In past decades, the diagnosis and management of diabetes mellitus has largely been viewed as the responsibility of diabetes experts. Over recent years, however, evidence has accumulated to indicate that the prevalence of diabetes and the prediabetic state is remarkably high in patients with cardiovascular disease.

The results of the 2004 Euro Heart Survey shook the cardiology community. This study showed that abnormal glucose metabolism was far more common than normal glucose regulation in patients with coronary artery disease (CAD). Shortly after the publication of this research, the China Heart Survey—the only large-scale study on a Chinese population in this field to date— reported that many patients with CAD also had previously undiagnosed diabetes and impaired glucose tolerance (IGT), and that the prevalence of IGT was much higher in patients with CAD than in those without CAD. These findings shocked the Chinese cardiology community, prompting many to debate whether cardiologists should, in fact, be responsible for screening of carbohydrate metabolism among patients with cardiovascular disease.

In terms of the number of individuals with diabetes, China ranks second in the world with at least 20 million cases.

In terms of the number of individuals with diabetes, China ranks second in the world with at least 20 million cases. Indeed, in China an increasing number of physicians are realizing that screening for diabetes and prediabetes in their patients with CAD could be important in the early risk assessment of individuals in this high-risk population, who will most probably require intensive intervention. After all, initial studies have shown that the management of postprandial glucose and cholesterol has considerable benefits in these individuals.
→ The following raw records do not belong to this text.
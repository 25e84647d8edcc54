-- ===== src/Polymarket/MarketFeed/Turns.antt =====
-- polymarket/core/market_feed.go: each step of the loop leaves the tokens with listeners subscribed.
use calculated_tennis.Base.{
  ℕ, ◌≡◌, refl, sym, ◌∙◌, Bool, true, false, none, some, List, [], ◌∷◌, ==_iff, if◌then◌else◌, Text,
  arith, inl, inr, Option-cases,
}
use calculated_tennis.Base.Texts.{trim_space}
use calculated_tennis.Polymarket.Subscribers.{keys}
use calculated_tennis.Polymarket.MarketFeed.{
  subscribe_frame, ping, Decoder, write, send_subscribe, broadcast_error,
}
use calculated_tennis.Polymarket.MarketFeed.Loop.{
  Phase, looking, dialling, ended, sleeping, finished, dialled, opened, checking, reading, closing,
  collected, Loop, Turn, message, advance, beat, dial_failed, dial_succeeded, resubscribe,
  read_message, give_up, with_conn,
}
use calculated_tennis.Polymarket.MarketFeed.Keeps.{
  moved-Covers, works, Keeps, dispatch-Keeps, Keeps-Covers,
}
use calculated_tennis.Polymarket.MarketFeed.Coverage.{
  Covers, Covered, is_wired, is_wired-snoc, phase_conn, has_key-keys, unconnected-Covers,
}

module _ {D T : Type 0} where
  resubscribe-Covered :
      (c : ℕ) (ids : List Text) (l : Loop D T)
      → Covers (collected c ids) l.world.feed.conn l.world.feed.subscribers l.world.written
      → Covered (resubscribe true c ids l)
  unfolding resubscribe send_subscribe write
  resubscribe-Covered c [] l h =
      moved-Covers (collected c []) (checking c) _ _ _ refl (λ k a b. b) h
  resubscribe-Covered c (i ∷ ids) l h = elim (Option-cases l.world.feed.conn) [
    | inl e ↦ rw e (unconnected-Covers (checking c) _ _ h.tidy)
    | inr (d, e) ↦ rw e (record {
      tidy = h.tidy;
      own = λ x r. h.own x (e ∙ r);
      covered = λ x k r b.
          let w = is_wired-snoc x k false l.world.written d (subscribe_frame (i ∷ ids)) in
          ground (arith, w, h.covered x k (e ∙ r) b, ==_iff d x);
    })
  ]

module _ {D T : Type 0} (j : Decoder D) (l l' : Loop D T) where
  abbrev CoversAt : Phase → Type 0
  CoversAt p = Covers p l.world.feed.conn l.world.feed.subscribers l.world.written

  looking-Covered :
      (turn : Turn) → advance j looking turn l ≡ some l' → CoversAt looking → Covered l'
  unfolding advance
  looking-Covered turn e h =
      let to : l' ≡ record l { phase = if l.cancelled then finished else dialling } =
        ground arith in
      rw to (moved-Covers looking _ _ _ _ (ground arith) (λ k a b. ground arith) h)

  dialling-Covered :
      (turn : Turn) → advance j dialling turn l ≡ some l' → CoversAt dialling → Covered l'
  unfolding advance dial_failed dial_succeeded broadcast_error
  dialling-Covered turn e h =
      let same : l'.world.feed ≡ l.world.feed = ground arith in
      let log : l'.world.written ≡ l.world.written = ground arith in
      let to : phase_conn l'.phase ≡ none = ground arith in
      rw (same, log) (moved-Covers dialling l'.phase _ _ _ (sym to) (λ k a b. ground arith) h)

  dialled-Covered :
      (c : ℕ) (turn : Turn)
      → advance j (dialled c) turn l ≡ some l'
      → CoversAt (dialled c)
      → Covered l'
  unfolding advance
  dialled-Covered c turn e h =
      let to : l' ≡ record l { world = with_conn (some c) l.world; phase = opened c } =
        ground arith in
      rw to (record { tidy = h.tidy; own = λ d r. r; covered = λ d k r b. ground arith })

  opened-Covered :
      (c : ℕ) (turn : Turn)
      → advance j (opened c) turn l ≡ some l'
      → CoversAt (opened c)
      → Covered l'
  unfolding advance
  opened-Covered c turn e h =
      let to : l' ≡ record l { phase = collected c (keys l.world.feed.subscribers) } =
        ground arith in
      rw to (moved-Covers (opened c) _ _ _ _ refl (λ k a b. sym (has_key-keys k _) ∙ a) h)

  collected-Covered :
      (c : ℕ) (ids : List Text) (turn : Turn)
      → advance j (collected c ids) turn l ≡ some l'
      → works turn ≡ true
      → CoversAt (collected c ids)
      → Covered l'
  unfolding advance resubscribe
  collected-Covered c ids turn e ok h =
      let to : l' ≡ resubscribe true c ids l = ground arith in rw to (resubscribe-Covered c ids l h)

  checking-Covered :
      (c : ℕ) (turn : Turn)
      → advance j (checking c) turn l ≡ some l'
      → CoversAt (checking c)
      → Covered l'
  unfolding advance
  checking-Covered c turn e h =
      let to : l' ≡ record l { phase = if l.cancelled then closing c else reading c } =
        ground arith in
      rw to (moved-Covers (checking c) _ _ _ _ (ground arith) (λ k a b. ground arith) h)

  read-Keeps :
      (c : ℕ) (turn : Turn) → advance j (reading c) turn l ≡ some l' → Keeps l.world l'.world
  unfolding advance read_message broadcast_error
  read-Keeps c (message m) e =
      let k = dispatch-Keeps j (trim_space m) l.world in
      record { feed = ground (arith, k.feed); written = ground (arith, k.written) }
  read-Keeps c turn e = record { feed = ground arith; written = ground arith }

  reading-Covered :
      (c : ℕ) (turn : Turn)
      → advance j (reading c) turn l ≡ some l'
      → CoversAt (reading c)
      → Covered l'
  unfolding advance read_message broadcast_error
  reading-Covered c turn e h =
      let kept = read-Keeps c turn e in
      let to : phase_conn l'.phase ≡ some c = ground arith in
      Keeps-Covers l'.phase l.world l'.world kept
        (moved-Covers (reading c) l'.phase _ _ _ (sym to) (λ k a b. ground arith) h)

  closing-Covered :
      (c : ℕ) (turn : Turn)
      → advance j (closing c) turn l ≡ some l'
      → CoversAt (closing c)
      → Covered l'
  unfolding advance give_up
  closing-Covered c turn e h =
      let gone : l'.world.feed.conn ≡ none = elim (Option-cases l.world.feed.conn) [
        | inl free ↦ ground arith
        | inr (d, on) ↦ let same = h.own d on in ground arith
      ] in
      let same : l'.world.feed.subscribers ≡ l.world.feed.subscribers = ground arith in
      rw (gone, same) (unconnected-Covers l'.phase _ _ h.tidy)

  ended-Covered : (turn : Turn) → advance j ended turn l ≡ some l' → CoversAt ended → Covered l'
  unfolding advance
  ended-Covered turn e h =
      let to : l' ≡ record l { phase = if l.cancelled then finished else sleeping } =
        ground arith in
      rw to (moved-Covers ended _ _ _ _ (ground arith) (λ k a b. ground arith) h)

  sleeping-Covered :
      (turn : Turn) → advance j sleeping turn l ≡ some l' → CoversAt sleeping → Covered l'
  unfolding advance
  sleeping-Covered turn e h =
      let same : l'.world ≡ l.world = ground arith in
      let to : phase_conn l'.phase ≡ none = ground arith in
      rw same (moved-Covers sleeping l'.phase _ _ _ (sym to) (λ k a b. ground arith) h)

  finished-Covered : (turn : Turn) → advance j finished turn l ≡ some l' → Covered l'
  unfolding advance
  finished-Covered turn e = ground arith

  pub advance-Covered :
      (p : Phase) (turn : Turn)
      → advance j p turn l ≡ some l'
      → works turn ≡ true
      → CoversAt p
      → Covered l'
  advance-Covered looking turn e w h = looking-Covered turn e h
  advance-Covered dialling turn e w h = dialling-Covered turn e h
  advance-Covered (dialled c) turn e w h = dialled-Covered c turn e h
  advance-Covered (opened c) turn e w h = opened-Covered c turn e h
  advance-Covered (collected c ids) turn e w h = collected-Covered c ids turn e w h
  advance-Covered (checking c) turn e w h = checking-Covered c turn e h
  advance-Covered (reading c) turn e w h = reading-Covered c turn e h
  advance-Covered (closing c) turn e w h = closing-Covered c turn e h
  advance-Covered ended turn e w h = ended-Covered turn e h
  advance-Covered sleeping turn e w h = sleeping-Covered turn e h
  advance-Covered finished turn e w h = finished-Covered turn e

  beat_phase :
      (p : Phase) (b : Bool)
      → beat p b l ≡ some l'
      → (l'.phase ≡ l.phase) × (l'.world.feed ≡ l.world.feed)
  unfolding beat
  beat_phase p b e = ground arith

  beat_wired :
      (p : Phase) (b : Bool)
      → beat p b l ≡ some l'
      → (c : ℕ) (k : Text)
      → is_wired c k false l'.world.written ≡ is_wired c k false l.world.written
  unfolding beat
  beat_wired (checking d) b e c k =
      let w = is_wired-snoc c k false l.world.written d ping in ground arith
  beat_wired (reading d) b e c k =
      let w = is_wired-snoc c k false l.world.written d ping in ground arith
  beat_wired p b e c k = ground arith

  pub beat-Covered : (b : Bool) → beat l.phase b l ≡ some l' → Covered l → Covered l'
  beat-Covered b e h =
      let (phase, feed) = beat_phase l.phase b e in
      rw (phase, feed)
        (record {
          tidy = h.tidy;
          own = h.own;
          covered = λ c k r a. rw (beat_wired l.phase b e c k) (h.covered c k r a);
        })
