-- ===== src/Polymarket/MarketFeed/Subscribed.antt =====
-- polymarket/core/market_feed.go: on every interleaving of the loop with the calls of other
-- goroutines, the server knows the tokens that have listeners.
use calculated_tennis.Base.{
  ℕ, ◌≡◌, true, false, some, List, [], ◌∷◌, Text, text_eq, arith, ◌⊎◌, inl, inr, Bool-cases,
  Option-cases, All, subst,
}
use calculated_tennis.Polymarket.Subscribers.{has_key}
use calculated_tennis.Polymarket.Subscribers.Entries.{nil-Tidy}
use calculated_tennis.Polymarket.MarketFeed.{
  new_market_feed, ensure_defaults, World, Decoder, stop, register_handler,
}
use calculated_tennis.Polymarket.MarketFeed.Loop.{
  Phase, looking, checking, reading, Loop, Action, step, own, subscribes, unsubscribes, beats, run,
  start, registers, takes, stops, cancels,
}
use calculated_tennis.Polymarket.MarketFeed.Keeps.{healthy}
use calculated_tennis.Polymarket.MarketFeed.Turns.{advance-Covered, beat-Covered}
use calculated_tennis.Polymarket.MarketFeed.Coverage.{
  Covers, Covered, is_wired, subscribe-Covered, unsubscribe-Covered, unconnected-Covers,
}

some_eq {ℓ} : {A : Type ℓ} {a b : A} → some a ≡ some b → a ≡ b
some_eq e = ground arith

module _ {D T : Type 0} where
  stop-Covered :
      (p : Phase) (w : World D T)
      → Covers p w.feed.conn w.feed.subscribers w.written
      → Covers p (stop w).feed.conn (stop w).feed.subscribers (stop w).written
  unfolding stop
  stop-Covered p w h = elim (Bool-cases w.feed.stopped) [
    | inl old ↦ rw old h
    | inr new ↦ elim (Option-cases w.feed.conn) [
      | inl e ↦ rw (new, e) (unconnected-Covers p _ _ h.tidy)
      | inr (c, e) ↦ rw (new, e) (unconnected-Covers p _ _ h.tidy)
    ]
  ]

  step-Covered :
      (j : Decoder D) (a : Action) (l l' : Loop D T)
      → step j a l ≡ some l'
      → healthy a ≡ true
      → Covered l
      → Covered l'
  unfolding step register_handler
  step-Covered j (own turn) l l' e w h = advance-Covered j l l' l.phase turn e w h
  step-Covered j (subscribes true token name ch) l l' e w h =
      subst Covered (some_eq e) (subscribe-Covered token name ch l.phase l.world h)
  step-Covered j (subscribes false token name ch) l l' e w h = ground arith
  step-Covered j (unsubscribes true token ch) l l' e w h =
      subst Covered (some_eq e) (unsubscribe-Covered token ch l.phase l.world h)
  step-Covered j (unsubscribes false token ch) l l' e w h = ground arith
  step-Covered j (registers handler) l l' e w h = subst Covered (some_eq e) h
  step-Covered j (beats b) l l' e w h = beat-Covered j l l' b e h
  step-Covered j (takes ch) l l' e w h = subst Covered (some_eq e) h
  step-Covered j stops l l' e w h = subst Covered (some_eq e) (stop-Covered l.phase l.world h)
  step-Covered j cancels l l' e w h = subst Covered (some_eq e) h

  pub run-Covered :
      (j : Decoder D) (acts : List Action) (l l' : Loop D T)
      → run j acts l ≡ some l'
      → All (λ a. healthy a ≡ true) acts
      → Covered l
      → Covered l'
  unfolding run
  run-Covered j [] l l' e w h = subst Covered (some_eq e) h
  run-Covered j (a ∷ acts) l l' e w h = elim (Option-cases (step j a l)) [
    | inl stuck ↦ ground arith
    | inr (l1, first) ↦
        run-Covered j acts l1 l' (ground arith) w.1 (step-Covered j a l l1 first w.0 h)
  ]

  -- A feed without subscribers is started, and no write fails. After any interleaving of the loop
  -- with calls of Subscribe, Unsubscribe, OnNewMarket and Stop, heartbeats, listeners that take
  -- events and the end of the context: while a connection that the feed has is read, each token
  -- with listeners is subscribed on it, by the frames written so far.
  pub run-subscribed :
      (j : Decoder D) (w : World D T) (category : Text) (acts : List Action) (l : Loop D T) (c : ℕ)
      (token : Text)
      → w.feed ≡ new_market_feed category
      → run j acts (start w) ≡ some l
      → All (λ a. healthy a ≡ true) acts
      → (l.phase ≡ checking c) ⊎ (l.phase ≡ reading c)
      → l.world.feed.conn ≡ some c
      → has_key text_eq token l.world.feed.subscribers ≡ true
      → is_wired c token false l.world.written ≡ true
  unfolding new_market_feed start ensure_defaults
  run-subscribed j w category acts l c token new e ok at conn has =
      let begun : Covered (start w) =
        rw new (unconnected-Covers looking [] w.written (nil-Tidy text_eq)) in
      let h = run-Covered j acts (start w) l e ok begun in
      elim at [
        | inl p ↦ ground (arith, h.covered c token conn has)
        | inr p ↦ ground (arith, h.covered c token conn has)
      ]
According to results from Chinese epidemiological studies and trials from other areas of the globe, individuals with type 2 diabetes have a two to four times greater risk of CAD and stroke than the general population, and approximately 80% of all diabetes-related deaths are associated with cardiovascular diseases. On the basis of these findings, diabetes has been believed to be an independent risk factor for atherosclerosis, just as important as hypertension, dyslipidemia and smoking. Similarly, studies have shown that IGT (or postprandial hyperglycemia) is also associated with a substantially increased risk of CAD. So far, however, little evidence has been obtained about whether patients with IGT benefit from intervention with hypoglycemic agents in terms of cardiovascular end points. Although some studies have shown that patients with diabetes might benefit, findings have been mixed. Recent years have seen the publication of a series of milestone trials analyzing glycemic control (ACCORD, ADVANCE and VADT), which found a nonsignificant relationship between blood sugar reduction and decreased incidence of cardiovascular events in diabetic patients at high cardiovascular risk. We have to conclude, therefore, that we should treat patients with abnormal glucose metabolism at the early stage of diabetes if we are to attain a significant reduction in the risk of cardiovascular events.

To clarify whether patients with IGT would benefit from intervention with hypoglycemic agents in terms of cardiovascular end points, the Acarbose Cardiovascular Evaluation (ACE) trial has been developed. This trial will prospectively recruit 7,500 individuals with CAD but without diabetes who have IGT. Patients will receive either acarbose or placebo for at least 4 years. The primary end point is the occurrence of a first cardiovascular event, with the development of new-onset diabetes as a secondary end point. Final trial results are expected in 2012. Without a doubt, the conclusions of the ACE trial will expand our knowledge of the primary prevention of diabetes and of the secondary prevention of CAD by managing prediabetes.

The problem of diabetes is acute and we need findings from studies such as ACE to tackle this growing issue effectively. Importantly, Chinese cardiologists are now beginning to pay attention to hyperglycemia in their patients with cardiovascular disease.